I can't think of any other real usage for "lente" other than contact lens, "lente de contacto".

Now, if you say  "Ele é lento", it means "He is slow" with all the insinuation of retardation as we'd have in English.


----------



## albondiga

Vin Raven said:


> Are you sure you don't have a typo there and mean _lento/lenta_ instead of _lente_?



Yes, I have fixed the typo... obviously there's a difference between _devagar _and _lente_!


----------



## jazyk

Tudo isso me faz lembrar de _festina lente_ - "apressa-te lentamente" em latim.

Quanto a devagar, uma dúvida que sempre tive e nunca tive a coragem de perguntar é a seguinte: se devagar pode ser usado como adjetivo, então significa que seu plural é devagares: _Essa pessoa é muito devagar - Essas pessoas são muito devagares._  Acho que na prática isso não acontece. Preciso também que meu dicionário só registra devagar como advérbio, o que significa que, segundo ele, não seria possível nem a primeira nem a segunda oração acima. Acho que isso resolve bem a questão.


----------



## albondiga

jazyk said:


> Preciso também que meu dicionário só registra devagar como advérbio, o que significa que, segundo ele, não seria possível nem a primeira nem a segunda oração acima. Acho que isso resolve bem a questão.
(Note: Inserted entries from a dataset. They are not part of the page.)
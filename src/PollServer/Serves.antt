-- ===== src/PollServer/Serves.antt =====
-- Replies of socket/poll/poll.cpp, and its full array.
use codespaces_blank.Prelude.{
  ℕ, ◌+◌, ◌≤◌, ◌<◌, ◌≡◌, refl, true, false, ◌==◌, List, [], ◌∷◌, ◌++◌, arith, some, ltb, length,
  get_or, set, get_or-set_self, set_ge, length-set,
}
use codespaces_blank.PollServer.{
  watched, unset, Server, Answer, accepted, sent, stray_write, c_string, add_connection, read_from,
  write_to, to_write, to_read, round,
}

-- What a connection in the array is read for is what it is sent next, up to the first byte 0; and
-- the slot, which watched for writing in between, watches for reading again.
pub reply_echoes :
    (s : Server) (i b : ℕ) (bs : List ℕ)
    → i < length s.fds
    → let e = get_or s.fds i unset in
      let t = read_from i (b ∷ bs) s in
      let u = write_to i t in
      ((get_or t.fds i unset).events.pollout ≡ true)
      × ((get_or t.fds i unset).events.pollin ≡ false)
      × (u.log ≡ t.log ++ (sent e.fd (c_string (b ∷ bs)) ∷ []))
      × (get_or u.fds i unset ≡ to_read e)
unfolding read_from write_to
reply_echoes s i b bs h =
    let e = get_or s.fds i unset in
    let l = set s.fds i (to_write e) in
    rw (get_or-set_self s.fds i (to_write e) unset h) (
      refl,
      refl,
      ground arith,
      get_or-set_self l i (to_read (to_write e)) unset
          (omega (arith, length-set s.fds i (to_write e))),
    )

-- A connection that comes while the array is full is stored behind its end, and is counted.
pub accept_overruns :
    (listenfd conn i : ℕ) (a : Answer) (s : Server)
    → length s.fds ≤ s.used
    → (get_or s.fds i unset).fd ≡ listenfd
    → (get_or s.fds i unset).revents
      ≡ record { pollin = true; pollout = false; pollrdhup = false; pollerr = false }
    → a.accept ≡ some conn
    → let t = add_connection conn s in
      (round listenfd a i s ≡ some (i + 1, t))
      × (t.used ≡ s.used + 1)
      × (t.fds ≡ s.fds)
      × (t.log ≡ s.log ++ (accepted conn ∷ stray_write s.used ∷ []))
unfolding round add_connection
accept_overruns listenfd conn i a s full listens ready got =
    let outside : ltb s.used (length s.fds) ≡ false = ground arith in
    let listening : (get_or s.fds i unset).fd == listenfd ≡ true = ground arith in
    (
      rw (ready, listening, got) refl,
      refl,
      set_ge s.fds s.used (watched conn) full,
      rw outside refl,
    )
Então os dicionários não concordam, porque o meu dicionário inglés-portugués da "devagar" como traducão de "slowly" (adv.) e também "slow" (adj.)...


----------



## albondiga

Otra pergunta no mesmo assunto: que tal "depressa" e "rapido"/"rapidamente"?


----------



## Vin Raven

albondiga said:


> Então os dicionários não concordam, porque o meu dicionário inglés-portugués da "devagar" como traducão de "slowly" (adv.) e também "slow" (adj.)...



Devagar is an adverb.

It's pretty common for translating dictionaries to be wrong.
Not even getting into how some text books are written by semi-literate professors who are trying to make a quick buck by having their students pay for the shlock they've published as "Portuguese" text books.

In any issue of confusion like that, look in an actual dictionary instead of in a translating dictionary.

I use priberam.pt/dlpo/definir_resultados.aspx since it's free.


----------



## Vin Raven

albondiga said:


> Otra pergunta no mesmo assunto: que tal "depressa" e "rapido"/"rapidamente"?



Depressa is an adverb.


----------



## albondiga

OK, so the impression I'm getting is:

slow = _lento_
slowly = _devagar _or _lentamente _are virtually interchageable, and in colloquial use _lento _is sometimes used as well (I might avoid this for now )

quick/fast = _rapido_
quickly = _depressa _or _rapidamente _are virtually interchageable, and perhaps in colloquial use _rapido _may be sometimes used as well...

Does this sound accurate?


----------



## Vanda

Jazyk, devagar is always an adverb. The thing here is that the usage in sentences like "ele é muito devagar" is simply one of our famous colloquial usage of it.

Albondiga: _Does this sound accurate?_
yes, you got it right (according to your last post).


----------



## olivinha

Hi, Albondiga.
Another way of saying "slow", which is closely related to _devagar_ is _vagaroso_/_vagarosa_.


----------



## Vin Raven

olivinha said:


> Another way of saying "slow", which is closely related to _devagar_ is _vagaroso_/_vagarosa_.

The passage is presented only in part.